With the male pseudohermaphrodite the chromosome is XY but the genitals may appear female however some dogs may have vestigial oviducts and uterus with male appearing external genitals. The testicles may not descend into the scrotum but in cases where they have the condition can remain undetected unless abdominal surgery is performed. There are also cases that just don’t fit into either of these categories, they just have to remain as unclassified pseudohermaphrodite.

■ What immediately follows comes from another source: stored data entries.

-- ===== src/Http/Failure.antt =====
-- A refused allocation in recv_memory_callback that nothing follows.
use pillowtalk.Prelude.{
  ℕ, ◌+◌, ◌<◌, ◌≡◌, refl, inl, inr, Option-cases, Option, none, some, List, [], ◌∷◌, ◌++◌, arith,
  length, if◌then◌else◌, Bool, false,
}
use pillowtalk.Libraries.{Bytes}
use pillowtalk.Chunk.{Chunk, size_max, myrealloc, recv_memory_callback, send_memory_callback}
use pillowtalk.Http.{
  Method, CurlStep, receives, reads, Curl, Transfer, transfer, reply_of, empty_chunk, send_chunk,
  request, http_operation,
}
use pillowtalk.Http.Body.{CanCopy, send_chunk-CanCopy, body, AllGranted, transfer-Received, outcome}

transfer-append :
    (xs ys : List CurlStep) (sends : Bool) (recv send recv' send' : Chunk)
    → transfer sends xs recv send ≡ some (recv', send')
    → transfer sends (xs ++ ys) recv send ≡ transfer sends ys recv' send'
unfolding transfer
transfer-append [] ys sends recv send recv' send' e = ground arith
transfer-append (receives g b ∷ xs) ys sends recv send recv' send' e =
    elim (Option-cases (recv_memory_callback g b recv)) [
      | inl bad ↦ cc (rw (transfer, bad) at e)
      | inr ((n, next), good) ↦
          rw (transfer, good)
            (transfer-append xs ys sends next send recv' send' (rw (transfer, good) at e))
    ]
transfer-append (reads s n ∷ xs) ys sends recv send recv' send' e =
    transfer-append xs ys sends recv (if sends then (send_memory_callback s n send).1 else send)
      recv' send' e

-- A refused allocation forgets the bytes and keeps their number.
refused_step :
    (bytes : Bytes) (recv : Chunk)
    → recv_memory_callback false bytes recv ≡ some (length bytes, record recv { memory = none })
unfolding recv_memory_callback myrealloc
refused_step bytes recv = refl

lost_reply :
    (t : Transfer) (recv : Chunk) → recv.memory ≡ none → 0 < recv.size → reply_of t recv ≡ none
unfolding reply_of
lost_reply t recv m s = ground arith

module _ ⦃C : Curl⦄ where
  refused_run :
      (m : Method) (url : Bytes) (data' : Option Bytes) (n : ℕ) (before : List CurlStep)
      (last : Bytes) (send : Chunk)
      → send_chunk (outcome m url data' n).copied data' n ≡ some send
      → (outcome m url data' n).perform_code ≡ 0
      → (outcome m url data' n).steps ≡ before ++ receives false last ∷ []
      → AllGranted before
      → 0 < length (body before)
      → length (body before) + 1 < size_max
      → http_operation m url data' n ≡ none
  unfolding http_operation transfer
  refused_run m url data' n before last chunk copied fine steps g some_bytes small =
      let r = request m url data' n in
      let t = C.perform r in
      let (recv, send, run, (sz, _)) =
        transfer-Received before r.sends empty_chunk chunk [] (refl, inl (refl, refl)) g
          (omega arith) in
      let all =
        transfer-append before (receives false last ∷ []) r.sends empty_chunk chunk recv send run in
      rw (http_operation, copied, steps, all, transfer, refused_step last recv, fine)
        (lost_reply t (record recv { memory = none }) refl (omega arith))

  -- If the allocation for the last bytes of a transfer is refused after others have come, with every
  -- other one granted and no more bytes to send than the data has, and libcurl reports success,
  -- http_operation stores through NULL.
  pub http_operation-refused :
      (m : Method) (url : Bytes) (data' : Option Bytes) (n : ℕ) (before : List CurlStep)
      (last : Bytes)
      → CanCopy (outcome m url data' n) data' n
      → (outcome m url data' n).perform_code ≡ 0
      → (outcome m url data' n).steps ≡ before ++ receives false last ∷ []
      → AllGranted before
      → 0 < length (body before)
      → length (body before) + 1 < size_max
      → http_operation m url data' n ≡ none
  http_operation-refused m url data' n before last can =
      let (send, copied) = send_chunk-CanCopy (outcome m url data' n) data' n can in
      refused_run m url data' n before last send copied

It seems ancient civilisations were more comfortable with accepting this naturally occurring  phenomenon; Hermaphroditus, the two-sexed child of Aphrodite and Hermes, has long been a symbol of androgyny or effeminacy, and was portrayed in Greco-Roman art as a female figure with male genitals. Today we seem to have a plethora of terms to describe gender types but in our dogs it still comes as a surprise when this condition comes to light.

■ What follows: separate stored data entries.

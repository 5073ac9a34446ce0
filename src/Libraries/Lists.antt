-- ===== src/Libraries/Lists.antt =====
-- The interfaces kept as plain lists: they show that the laws can be met, and run the tests.
use pillowtalk.Prelude.{
  ◌≡◌, refl, true, false, Option, none, some, List, [], ◌∷◌, ◌++◌, if◌then◌else◌, same_bytes, arith,
}
use pillowtalk.Prelude.Int.{ℤ, pos}
use pillowtalk.Libraries.{
  Bytes, Ptr, Entries, holds, has_key, without_item, without, Uthash, Tailq, Doubles, Libraries,
}

abbrev pub find_entry : Bytes → Entries → Option Ptr
find_entry k [] = none
find_entry k ((j, p) ∷ es) = if same_bytes j k then some p else find_entry k es

pub holds_of_find :
    (k : Bytes) (es : Entries) (p : Ptr) → find_entry k es ≡ some p → holds k p es ≡ true
holds_of_find k [] p h = ground arith
holds_of_find k ((j, q) ∷ es) p h = ground (arith, holds_of_find k es p)

pub has_key_of_find_none :
    (k : Bytes) (es : Entries) → find_entry k es ≡ none → has_key k es ≡ false
has_key_of_find_none k [] h = refl
has_key_of_find_none k ((j, q) ∷ es) h = ground (arith, has_key_of_find_none k es)

abbrev pub list_hash : Uthash
list_hash = record {
  Table = Entries;
  empty = [];
  entries = λ es. es;
  find = find_entry;
  add_keyptr = λ k p es. es ++ (k, p) ∷ [];
  del = without_item;
  entries-empty = refl;
  entries-add_keyptr = λ k p es. refl;
  entries-del = λ p es. refl;
  holds_of_find = holds_of_find;
  has_key_of_find_none = has_key_of_find_none;
}

abbrev pub list_queue : Tailq
list_queue = record {
  Queue = List Ptr;
  init = [];
  items = λ ps. ps;
  insert_head = λ p ps. p ∷ ps;
  insert_tail = λ p ps. ps ++ p ∷ [];
  remove = without;
  items-init = refl;
  items-insert_head = λ p ps. refl;
  items-insert_tail = λ p ps. refl;
  items-remove = λ p ps. refl;
}

-- Doubles that are whole numbers.
abbrev pub whole_doubles : Doubles
whole_doubles = record { Double = ℤ; zero_double = pos 0; of_int = λ z. z; trunc = λ z. z }

instance abbrev pub list_libraries : Libraries
list_libraries = record { uthash = list_hash; tailq = list_queue; doubles = whole_doubles }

As well as occurring in a natural way it has been noted that androgens given during pregnancy will produce true hermaphrodite offspring in dogs. The anabolic/androgenic steroid known in the US as Cheque Drops was produced in the late 1960s to halt a season in female dogs or to suppress the symptoms of a phantom pregnancy and was in manufacture for veterinary use until 2000 when the license was taken over by Pfizer and has not been produced since. However it is still available in a generic form because the body building market has found that despite the terrible effects of over use the drug is still attractive to athletes and is most commonly applied during bulking phases of training, or to stimulate aggression before a workout or competition. This drug was never approved for use on humans and has possibly one of the most dangerous toxic effects on the liver of any black market, body building drug.


Visible signs

Having explained the nuts and bolts, if you pardon the pun, of the hermaphrodite dog I expect you are curious as to what signs may be visible. The dog has a bone that runs through his penis called the baculum, the word taken from Latin meaning staff or stick, to enable long mating with a bitch, it is interesting that an enlarged clitoris in the XX male is a consistent clinical observation, 90 per cent of which contain ossified tissue. In the intersex female there may be nothing to see other than abdominal enlargement. For most breeders the check for ’in place’ testes of their puppies begins quite early as cryptorchidism where both testes have failed to drop or monorchidism where only one testes drops into the scrotum is both a worry from the point of view of showing and breeding but it also has an increased risk of sertoli cell tumour in later life. Cryptorchidism has been associated with both hermaphroditism and pseudohermaphrodism but just because your puppy has a retained testicle that doesn’t make it intersex!

Humans, like the would-be Olympian Erik/Erika, suffer angst and confusion as they struggle with their sexual definition but it seems that dogs don’t share those hang ups at all. To date there is no evidence to suggest any psychological or behavioural difficulty in the hermaphrodite dog; I’m guessing they feel their time is better given to consideration of the next walk or the next bowl of food or the enjoyment as our close companion.